When completed, the Lowcountry Lowline will be downtown Charleston's second largest park. It will consist of pedestrian and bicycle paths along the peninsula's ridge. It will also be a flood management project that will have a "wetland park" to be a reservoir for storm water. The project is often compared to the New York City High Line or Atlanta's fledgling Beltline.

The Lowline is expected to cost $30 million to complete. It is expected that the park will be constructed over the next decade in phases. A study conducted in 2016 estimated that after twenty years of operation the Lowline will have an estimated economic impact in Charleston of $4.8 billion. Community feedback was sought by the Friends of the Lowcountry in February 2020 after the release of the park's conceptual study. In early 2021, preliminary funding of the park began. The Charleston City Council voted in April, 2021, to spend $250,000 to help the Friends of the Lowcountry Lowline design and plan the park. Several council members representing portions of West Ashley expressed concern about allocating money to a private entity such as FLL.

In 2021, the city announced it was looking to spend $4 million on the Lowline to help complete the first phase from Line Street to Huger Street due to the development the line is expected to spur. City council members believe that funding the Lowline now will increase tax revenues in the special tax district in which it sits. The increase in tax revenue would then allow the city to make stormwater upgrades in other parts of the city, particular the eastern portion of the Charleston peninsula.

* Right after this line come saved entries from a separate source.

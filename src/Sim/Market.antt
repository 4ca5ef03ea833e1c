-- ===== src/Sim/Market.antt =====
-- The moving market of apps/api/quanta/exchanges/sim/trading.py: `set_price` and
-- `_fill_crossed_limits`.
pub mod Crossing
use text.Mathlib.Text.{◌==◌}
use catpn.Prelude.{
  String, Bool, true, false, not, Option, none, some, List, [], ◌∷◌, if◌then◌else◌, ◌&&◌,
}
use catpn.Prelude.Decimal.{Decimal}
use catpn.Prelude.Dict.{Dict, put}
use catpn.Trading.{
  limit, market, gtc, mark_price, OrderStatus, fresh, filled, OrderRequest, RequestError, Order,
  post_init,
}
use catpn.Sim.{SimAccount, SimVenue}
use catpn.Sim.Orders.{crosses_at, apply_request}

abbrev pub is_fresh : OrderStatus → Bool
is_fresh fresh = true
is_fresh _ = false

module _ {D : Type 0} ⦃d : Decimal D⦄ where
  -- The request that a resting order is filled as.
  unfoldable pub resting_request : Order D → D → OrderRequest D
  resting_request order wanted = record {
    symbol = order.symbol;
    side = order.side;
    order_type = limit;
    qty = order.qty;
    client_id = order.client_id;
    price = some wanted;
    trade_side = order.trade_side;
    time_in_force = gtc;
    reduce_only = order.reduce_only;
    position_id = none;
    tp_price = none;
    tp_stop_type = mark_price;
    tp_order_type = market;
    tp_order_price = none;
    sl_price = none;
    sl_stop_type = mark_price;
    sl_order_type = market;
    sl_order_price = none;
  }

  abbrev pub crosses_limit : Order D → D → Option D → Bool
  crosses_limit order price none = false
  crosses_limit order price (some wanted) = crosses_at order.side wanted price

  -- The tests in front of a fill.
  unfoldable pub is_crossed : String → D → Order D → Bool
  is_crossed symbol price order =
      is_fresh order.status && order.symbol == symbol && crosses_limit order price order.price

  unfoldable pub filled_order : Order D → Order D
  filled_order order = record order {
    status = filled;
    filled_qty = order.qty;
    average_price = order.price;
  }

  -- A crossed order at its own price; building the request may raise a `ValueError`.
  unfoldable pub fill_resting :
      String → Order D → SimAccount D → Option D → Option RequestError × SimAccount D
  fill_resting id order account none = (none, account)
  fill_resting id order account (some wanted) =
      let request = resting_request order wanted in
      let applied = apply_request account request wanted in
      elim (post_init request) [
        | some e ↦ (some e, account)
        | none ↦ (none, record applied { orders = put id (filled_order order) applied.orders })
      ]

  -- One turn of the loop.
  unfoldable pub cross_one :
      String → D → String → Order D → SimAccount D → Option RequestError × SimAccount D
  cross_one symbol price id order account =
      if is_crossed symbol price order
      then fill_resting id order account order.price
      else (none, account)

  -- `_fill_crossed_limits`, over the orders that the account had when it began.
  unfoldable pub fill_crossed_limits :
      String → D → Dict (Order D) → SimAccount D → Option RequestError × SimAccount D
  fill_crossed_limits symbol price [] account = (none, account)
  fill_crossed_limits symbol price ((id, order) ∷ rest) account =
      let (raised, after) = cross_one symbol price id order account in
      let others = fill_crossed_limits symbol price rest after in
      elim raised [ some e ↦ (some e, after) | none ↦ others ]

  -- The accounts in their order, up to one that raises.
  unfoldable pub fill_accounts :
      String → D → Dict (SimAccount D) → Option RequestError × Dict (SimAccount D)
  fill_accounts symbol price [] = (none, [])
  fill_accounts symbol price ((key, account) ∷ rest) =
      let (raised, after) = fill_crossed_limits symbol price account.orders account in
      let (later, others) = fill_accounts symbol price rest in
      elim raised [ some e ↦ (some e, (key, after) ∷ rest) | none ↦ (later, (key, after) ∷ others) ]

  -- `set_price`
  unfoldable pub set_price : String → D → SimVenue D → Option RequestError × SimVenue D
  set_price symbol price venue =
      let (raised, accounts) = fill_accounts symbol price venue.accounts in
      (raised, record venue { prices = put symbol price venue.prices; accounts = accounts })
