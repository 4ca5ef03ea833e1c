-- ===== src/Sim/Market/Crossing.antt =====
-- What `_fill_crossed_limits` of apps/api/quanta/exchanges/sim/trading.py makes of the orders of
-- an account.
use text.Mathlib.Text.{◌==◌}
use text.Mathlib.TextEquality.{eq_iff}
use catpn.Prelude.{
  ◌≡◌, refl, ◌∙◌, ap, subst, inl, inr, String, true, Option, none, some, [], ◌∷◌, arith,
  if◌then◌else◌, ◌&&◌, Bool-cases, Option-cases,
}
use catpn.Prelude.Decimal.{Decimal}
use catpn.Prelude.Dict.{Dict, find, put, find-put, Unique}
use catpn.Trading.{Order, filled, OrderRequest, RequestError, post_init}
use catpn.Sim.{SimAccount}
use catpn.Sim.Positions.{apply, grow, shrink}
use catpn.Sim.Orders.{apply_request}
use catpn.Sim.Market.{
  is_fresh, is_crossed, filled_order, fill_resting, cross_one, fill_crossed_limits, resting_request,
  crosses_limit,
}

module _ {D : Type 0} ⦃d : Decimal D⦄ where
  apply_request-orders :
      (a : SimAccount D) (r : OrderRequest D) (price : D)
      → (apply_request a r price).orders ≡ a.orders
  unfolding apply_request apply grow shrink
  apply_request-orders a r price = ground arith

  -- What the move makes of the order under an id, where the loop still has `pending` ahead.
  abbrev pub settled : String → D → Option (Order D) → Option (Order D) → Option (Order D)
  settled symbol price none kept = kept
  settled symbol price (some o) kept =
      if is_crossed symbol price o then some (filled_order o) else kept

  fill_at :
      (id : String) (price : D) (o : Order D) (a : SimAccount D) (w : Option D)
      → crosses_limit o price w ≡ true
      → (fill_resting id o a w).0 ≡ none
      → (fill_resting id o a w).1.orders ≡ put id (filled_order o) a.orders
  unfolding fill_resting
  fill_at id price o a none crossed h = cc
  fill_at id price o a (some wanted) crossed h =
      elim (Option-cases (post_init (resting_request o wanted))) [
        | inl e ↦
            rw (e, fill_resting)
              (ap (put id (filled_order o))
                (apply_request-orders a (resting_request o wanted) wanted))
        | inr (x, e) ↦ let clash : some x ≡ none = rw (e, fill_resting) at h in cc
      ]

  limit_crossed :
      (symbol : String) (price : D) (o : Order D)
      → is_crossed symbol price o ≡ true
      → crosses_limit o price o.price ≡ true
  unfolding is_crossed
  limit_crossed symbol price o h = ground arith

  -- One turn, where the loop comes to its end.
  cross_one-orders :
      (symbol : String) (price : D) (j : String) (o : Order D) (a : SimAccount D)
      → (cross_one symbol price j o a).0 ≡ none
      → (cross_one symbol price j o a).1.orders
        ≡ (if is_crossed symbol price o then put j (filled_order o) a.orders else a.orders)
  unfolding cross_one
  cross_one-orders symbol price j o a h = elim (Bool-cases (is_crossed symbol price o)) [
    | inl crossed ↦
        rw (crossed, cross_one)
          (fill_at j price o a o.price (limit_crossed symbol price o crossed)
            (rw (crossed, cross_one) at h))
    | inr quiet ↦ rw (quiet, cross_one) refl
  ]

  settled_step :
      (symbol : String) (price : D) (j id : String) (o : Order D) (rest orders : Dict (Order D))
      → find j rest ≡ none
      → settled symbol price
          (find id rest)
          (find id (if is_crossed symbol price o then put j (filled_order o) orders else orders))
        ≡ settled symbol price (if j == id then some o else find id rest) (find id orders)
  settled_step symbol price j id o rest orders fresh = elim (Bool-cases (j == id)) [
    | inl s ↦
        let gone : find id rest ≡ none =
          subst (λ i. find i rest ≡ none) ((eq_iff j id).0 s) fresh in
        elim (Bool-cases (is_crossed symbol price o)) [
          | inl crossed ↦ rw (s, gone, crossed) (find-put j id (filled_order o) orders ∙ rw s refl)
          | inr quiet ↦ rw (s, gone, quiet) refl
        ]
    | inr s ↦ elim (Bool-cases (is_crossed symbol price o)) [
      | inl crossed ↦
          let same : find id (put j (filled_order o) orders) ≡ find id orders =
            find-put j id (filled_order o) orders ∙ rw s refl in
          rw (s, crossed, same) refl
      | inr quiet ↦ rw (s, quiet) refl
    ]
  ]

  -- The loop over `pending`, with the orders that the account has when it comes there.
  fill_crossed_limits-orders :
      (symbol : String) (price : D) (pending : Dict (Order D)) (a : SimAccount D) (id : String)
      → Unique pending
      → (fill_crossed_limits symbol price pending a).0 ≡ none
      → find id (fill_crossed_limits symbol price pending a).1.orders
        ≡ settled symbol price (find id pending) (find id a.orders)
  unfolding fill_crossed_limits find
  fill_crossed_limits-orders symbol price [] a id u h = refl
  fill_crossed_limits-orders symbol price ((j, o) ∷ rest) a id u h =
      turn (cross_one symbol price j o a).0 refl
        (fill_crossed_limits-orders symbol price rest (cross_one symbol price j o a).1 id u.1)
    where
      turn :
          (raised : Option RequestError)
          → (cross_one symbol price j o a).0 ≡ raised
          → ((fill_crossed_limits symbol price rest (cross_one symbol price j o a).1).0 ≡ none
              → find id
                  (fill_crossed_limits symbol price rest (cross_one symbol price j o a).1).1.orders
                ≡ settled symbol price
                    (find id rest)
                    (find id (cross_one symbol price j o a).1.orders))
          → find id (fill_crossed_limits symbol price ((j, o) ∷ rest) a).1.orders
            ≡ settled symbol price (find id ((j, o) ∷ rest)) (find id a.orders)
      turn (some e) made later =
          let clash : some e ≡ none = rw (made, fill_crossed_limits) at h in cc
      turn none made later =
          rw (made, fill_crossed_limits)
            (later (rw (made, fill_crossed_limits) at h)
              ∙ ap (λ orders. settled symbol price (find id rest) (find id orders))
                  (cross_one-orders symbol price j o a made)
              ∙ settled_step symbol price j id o rest a.orders u.0)

  -- What the move makes of an order that stands under an id before it, field by field: an order
  -- that was new, on the symbol and reached by the price is filled over its whole quantity, and its
  -- average price is its own limit.
  abbrev pub after_move : String → D → Option (Order D) → Option (Order D)
  after_move symbol price none = none
  after_move symbol price (some o) = some (
      if is_fresh o.status && o.symbol == symbol && crosses_limit o price o.price
      then record {
        order_id = o.order_id;
        client_id = o.client_id;
        symbol = o.symbol;
        side = o.side;
        order_type = o.order_type;
        status = filled;
        qty = o.qty;
        filled_qty = o.qty;
        price = o.price;
        average_price = o.price;
        fee = o.fee;
        trade_side = o.trade_side;
        reduce_only = o.reduce_only;
        created_at = o.created_at;
        updated_at = o.updated_at;
        reject_reason = o.reject_reason;
      }
      else o)

  settled_itself :
      (symbol : String) (price : D) (o : Order D)
      → settled symbol price (some o) (some o) ≡ after_move symbol price (some o)
  unfolding is_crossed filled_order
  settled_itself symbol price o = ground arith

  -- When the market of a symbol moves and no request fails to build: under every id of an
  -- account whose orders have no id twice stands the order that was there; if it was new, on
  -- the symbol and crossed by the move, its status is filled, its filled quantity is its
  -- quantity and its average price its own price, all else of it as before; otherwise it is as
  -- it was.
  pub move_fills_crossed :
      (symbol : String) (price : D) (a : SimAccount D)
      → Unique a.orders
      → (fill_crossed_limits symbol price a.orders a).0 ≡ none
      → (id : String)
      → find id (fill_crossed_limits symbol price a.orders a).1.orders
        ≡ after_move symbol price (find id a.orders)
  move_fills_crossed symbol price a u h id =
      fill_crossed_limits-orders symbol price a.orders a id u h ∙ same (find id a.orders)
    where
      same : (o : Option (Order D)) → settled symbol price o o ≡ after_move symbol price o
      same none = refl
      same (some o) = settled_itself symbol price o
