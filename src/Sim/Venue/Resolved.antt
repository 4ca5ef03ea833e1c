-- ===== src/Sim/Venue/Resolved.antt =====
-- `resolve` of apps/api/quanta/services/execution.py on the simulated venue, after an order was
-- placed there.
use text.Mathlib.Text.{◌==◌}
use text.Mathlib.TextEquality.{eq_iff}
use catpn.Prelude.{
  ℕ, suc, ◌≡◌, ◌≢◌, refl, ◌∙◌, ap, inl, inr, String, true, Option, none, some, List, [], ◌∷◌, arith,
  Bool-cases, Option-cases, keep_if, ◌&&◌,
}
use catpn.Prelude.Decimal.{Decimal}
use catpn.Prelude.Dict.{Dict, find, values}
use catpn.Trading.{Credentials, OrderRequest, Order, ok, is_open}
use catpn.Sim.{SimAccount, SimVenue}
use catpn.Sim.Access.{Admits, Admits-store, Admits-numbered}
use catpn.Sim.Orders.{place_order}
use catpn.Sim.Orders.Course.{turned_away, dangling, priceless, again, anew, placed}
use catpn.Sim.Orders.Contract.{Recorded-of-Executed}
use catpn.Sim.Cancel.{on_symbol, open_orders}
use catpn.Sim.Venue.{sim_adapter}
use catpn.Execution.{duplicate, BotContext}
use catpn.Execution.Placing.{order_with_id, resolve_from, resolve}
use catpn.Execution.Placing.Retry.{outcome_in}

module _ {D : Type 0} ⦃d : Decimal D⦄ where
  -- The order of an answer stands in the account afterwards.
  record Stands (c : Credentials) (venue : SimVenue D) (o : Order D) : Type 0 where
    account : SimAccount D
    id : String
    admitted : Admits venue c account
    there : find id account.orders ≡ some o

  place_order-Stands :
      (c : Credentials) (r : OrderRequest D) (venue : SimVenue D) (o : Order D)
      → (place_order c r venue).0 ≡ ok o
      → Stands c (place_order c r venue).1 o
  place_order-Stands c r venue o e = elim (placed c r venue) [
    | turned_away x w ↦ cc
    | dangling a id h seen lost w ↦ cc
    | priceless l p w ↦ cc
    | again a id o' h trades seen there w ↦
        let is_o : o' ≡ o = cc in
        rw w (record { account = a; id = id; admitted = h; there = there ∙ ap some is_o })
    | anew a x h trades unseen made w ↦
        let is_o : x.0 ≡ o = cc in
        let k = Recorded-of-Executed made in
        rw w (record {
          account = x.1;
          id = x.0.order_id;
          admitted =
              Admits-store (record venue { next_id = suc venue.next_id }) c a x.1
                (Admits-numbered venue c a (suc venue.next_id) h) k.permissions_kept k.secret_kept;
          there = k.stored ∙ ap some is_o;
        })
  ]

  -- A search over the open orders of a symbol ends at an order.
  order_with_id-open :
      (digest : List ℕ → String) (symbol client_id id : String) (o : Order D)
      (orders : Dict (Order D))
      → find id orders ≡ some o
      → is_open o.status ≡ true
      → (o.symbol == symbol) ≡ true
      → (o.client_id == client_id) ≡ true
      → order_with_id digest sim_adapter client_id
          (keep_if (λ x. is_open x.status && on_symbol (some symbol) x.symbol) (values orders))
        ≢ none
  unfolding find values order_with_id
  order_with_id-open digest symbol client_id id o [] there rests s k h = cc
  order_with_id-open digest symbol client_id id o ((j, p) ∷ orders) there rests s k h =
      elim (Bool-cases (j == id)) [
        | inl here ↦ let is_o : p ≡ o = ground (arith, here, there) in ground (arith, is_o)
        | inr later ↦
            let rest =
              order_with_id-open digest symbol client_id id o orders (rw later at there) rests s
                k in
            ground (arith, rest)
      ]

  resolve_found :
      (digest : List ℕ → String) (client_id : String) (orders : List (Order D))
      → order_with_id digest sim_adapter client_id orders ≢ none
      → outcome_in (resolve_from digest sim_adapter client_id (ok orders)) ≡ some duplicate
  unfolding resolve_from
  resolve_found digest client_id orders h =
      elim (Option-cases (order_with_id digest sim_adapter client_id orders)) [
        | inl e ↦ absurd (h e)
        | inr (o, e) ↦ rw e refl
      ]

  listed :
      (c : Credentials) (symbol : Option String) (venue : SimVenue D) (a : SimAccount D)
      → Admits venue c a
      → (open_orders c symbol venue).0
        ≡ ok (keep_if (λ x. is_open x.status && on_symbol symbol x.symbol) (values a.orders))
  unfolding open_orders
  listed c symbol venue a h = rw (h, open_orders)

  -- On the simulated venue: if place_order answered a request with an order that is still
  -- open, on the symbol of the context and with the client id of the request, then resolving
  -- this client id afterwards reports the outcome DUPLICATE, so an order that rests is never
  -- left uncertain.
  pub place_then_resolve :
      (digest : List ℕ → String) (context : BotContext) (r : OrderRequest D) (venue : SimVenue D)
      (o : Order D)
      → (place_order context.credentials r venue).0 ≡ ok o
      → is_open o.status ≡ true
      → o.symbol ≡ context.symbol
      → o.client_id ≡ r.client_id
      → outcome_in
          (resolve digest sim_adapter context r.client_id
            (place_order context.credentials r venue).1).0
        ≡ some duplicate
  unfolding resolve
  place_then_resolve digest context r venue o e rests on_it by_it =
      let after = (place_order context.credentials r venue).1 in
      let s = place_order-Stands context.credentials r venue o e in
      let shown = listed context.credentials (some context.symbol) after s.account s.admitted in
      let open_there =
        keep_if (λ x. is_open x.status && on_symbol (some context.symbol) x.symbol)
          (values s.account.orders) in
      ap (λ reply. outcome_in (resolve_from digest sim_adapter r.client_id reply)) shown
      ∙ resolve_found digest r.client_id open_there (
          order_with_id-open digest context.symbol r.client_id s.id o s.account.orders s.there rests
            ((eq_iff o.symbol context.symbol).1 on_it) ((eq_iff o.client_id r.client_id).1 by_it))
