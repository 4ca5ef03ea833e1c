-- ===== src/Examples/Venue.antt =====
-- Examples for apps/api/quanta/exchanges/sim/trading.py.
use catpn.Prelude.{◌≡◌, refl, String, none, some, [], length, true, false}
use catpn.Prelude.Decimal.{dec_sum_from}
use catpn.Prelude.Int.{ℤ, pos, whole}
use catpn.Prelude.Dict.{find, put, values}
use catpn.Trading.{
  buy, sell, isolated, Order, ok, market, filled, is_ip_restricted, allows_ip, post_init, limit,
  fresh, OrderRequest, is_open, is_final,
}
use catpn.Sim.{SimAccount, account_of, position_key, order_name, last_digits, width_of}
use catpn.Sim.Access.{Admits}
use catpn.Sim.Positions.{apply, opened, grow, shrink, pnl, available, used_margin}
use catpn.Sim.Positions.Reducing.{Reduced, apply-Reduced}
use catpn.Sim.Orders.{
  place_order, place_in, place_new, replayed, committed, execute, place_limit, fill, record_with,
  order_of, keep_order, apply_request, target_key,
}
use catpn.Sim.Orders.Contract.{place_order_replays}
use catpn.Sim.Cancel.{cancel_all, open_orders}
use catpn.Sim.Cancel.Counts.{open_on, after_cancel, cancel_all_closes}
use catpn.Sim.Market.{fill_crossed_limits, cross_one, is_crossed, fill_resting, resting_request}
use catpn.Sim.Market.Crossing.{after_move, move_fills_crossed}
use catpn.Execution.{duplicate}
use catpn.Execution.Placing.{resolve}
use catpn.Execution.Placing.Retry.{outcome_in}
use catpn.Sim.Venue.{sim_adapter}
use catpn.Sim.Venue.Resolved.{place_then_resolve}
use catpn.Examples.{context, digest, account, credentials, request, venue, held}

abbrev bought : Order ℤ
bought = record {
  order_id = "sim-00000002";
  client_id = "new";
  symbol = "BTC";
  side = buy;
  order_type = market;
  status = filled;
  qty = pos 2;
  filled_qty = pos 2;
  price = none;
  average_price = some (pos 10);
  fee = none;
  trade_side = none;
  reduce_only = false;
  created_at = none;
  updated_at = none;
  reject_reason = none;
}

place_order_replays_example :
    place_order credentials
      (request true sell)
      (place_order credentials (request false buy) venue).1
    ≡ (ok bought, (place_order credentials (request false buy) venue).1)
unfolding place_order account_of is_ip_restricted allows_ip place_in place_new replayed committed
    execute place_limit fill record_with order_of keep_order apply_request target_key apply opened
    grow shrink pnl position_key order_name last_digits width_of available used_margin find put
    values dec_sum_from
place_order_replays_example =
    place_order_replays credentials (request false buy) (request true sell) venue bought refl refl

apply-Reduced_example :
    Reduced
      (request true sell)
      (find "BTC" account.positions)
      (find "BTC" (apply account "BTC" (request true sell) (pos 12) 2 isolated true).positions)
unfolding find
apply-Reduced_example =
    apply-Reduced account "BTC" (request true sell) (pos 12) 2 isolated held refl refl "BTC"

cancel_all_closes_example :
    let after = (cancel_all credentials (some "BTC") venue).1 in
    ((cancel_all credentials (some "BTC") venue).0
      ≡ ok (length (open_on (some "BTC") account.orders)))
    × ((open_orders credentials (some "BTC") after).0 ≡ ok [])
    × ((account' : SimAccount ℤ) × Admits after credentials account'
        × ((id : String)
            → find id account'.orders ≡ after_cancel (some "BTC") (find id account.orders)))
unfolding account_of find is_ip_restricted allows_ip
cancel_all_closes_example = cancel_all_closes credentials (some "BTC") venue account refl

move_fills_crossed_example :
    find "sim-00000001" (fill_crossed_limits "BTC" (pos 4) account.orders account).1.orders
    ≡ after_move "BTC" (pos 4) (find "sim-00000001" account.orders)
unfolding find fill_crossed_limits cross_one is_crossed fill_resting resting_request post_init
move_fills_crossed_example = move_fills_crossed "BTC" (pos 4) account (refl, tt) refl "sim-00000001"

-- A limit order below the market, and what the venue answers to it.
abbrev patient : OrderRequest ℤ
patient = record (request false buy) { order_type = limit; price = some (pos 5) }

abbrev waiting : Order ℤ
waiting = record bought {
  order_type = limit;
  status = fresh;
  filled_qty = pos 0;
  price = some (pos 5);
  average_price = none;
}

place_then_resolve_example :
    outcome_in
      (resolve digest sim_adapter context "new" (place_order context.credentials patient venue).1).0
    ≡ some duplicate
unfolding place_order account_of is_ip_restricted allows_ip place_in place_new replayed committed
    is_open is_final find record_with order_name
place_then_resolve_example =
    place_then_resolve digest context patient venue waiting refl refl refl refl
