-- ===== src/Python.antt =====
-- What the program takes from Python: dynamic values with `==`, `hash` and truth, dicts, exceptions,
-- UTF-8 and base64, and the interface of what is called but not implemented here.
pub mod Value
pub mod Dict
pub mod Error
pub mod Utf8
pub mod Base64
pub mod Host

The project secured $10 million in funding in 2022, which consisted of $7 million in federal grants and $3 million in city funding. The Friends of the Lowcountry will use the funding, in part, for community engagement and strategy. Moreover, because the park will run along a prior Norfolk Southern rail line, and that company along with other rail lines historically used arsenical herbicides to slow plant growth along rail lines, a National Environmental Protection Act review will have to be conducted. In 2011, the average amount of time it took public projects to complete the NEPA review process was longer than six years.

== Features of the park ==
=== Water management ===
The city of Charleston has long had issues with flooding and the Lowline is believed to be capable of alleviating storm runoff in some areas of the city. One park proposed for the Lowline is the Newmarket Park which would be a "storm water wetland" that would create an outlet for the nearby New Market Creek. Additionally, the proposed Poinsette Park would be a large, open space capable of holding water. The conceptual study for the Lowline states that capturing and treating "all runoff created by the elevated roadways" is a priority of the project. Plants on the Lowline will be native to the area and a key component of the park's water management function.

=== Transportation ===
Charleston has also had issues with cyclist safety. In Charleston's first ever bicycle infrastructure study, the Lowline was the central component on the plan for a "robust urban bikeway system" on the peninsula. The bikeway down the Lowline will have two 6-foot wide lanes at the minimum, separated by a median and with designated crossings. Additionally, the Lowcountry Rapid Transit System could possibly have a transit hub near the Lowline on Mt. Pleasant Street and the city is looking to build affordable housing units on F and H streets. The planned pedestrian bridge over the Ashley River connecting the West Ashley Greenway to downtown Charleston may eventually connect with the Lowline.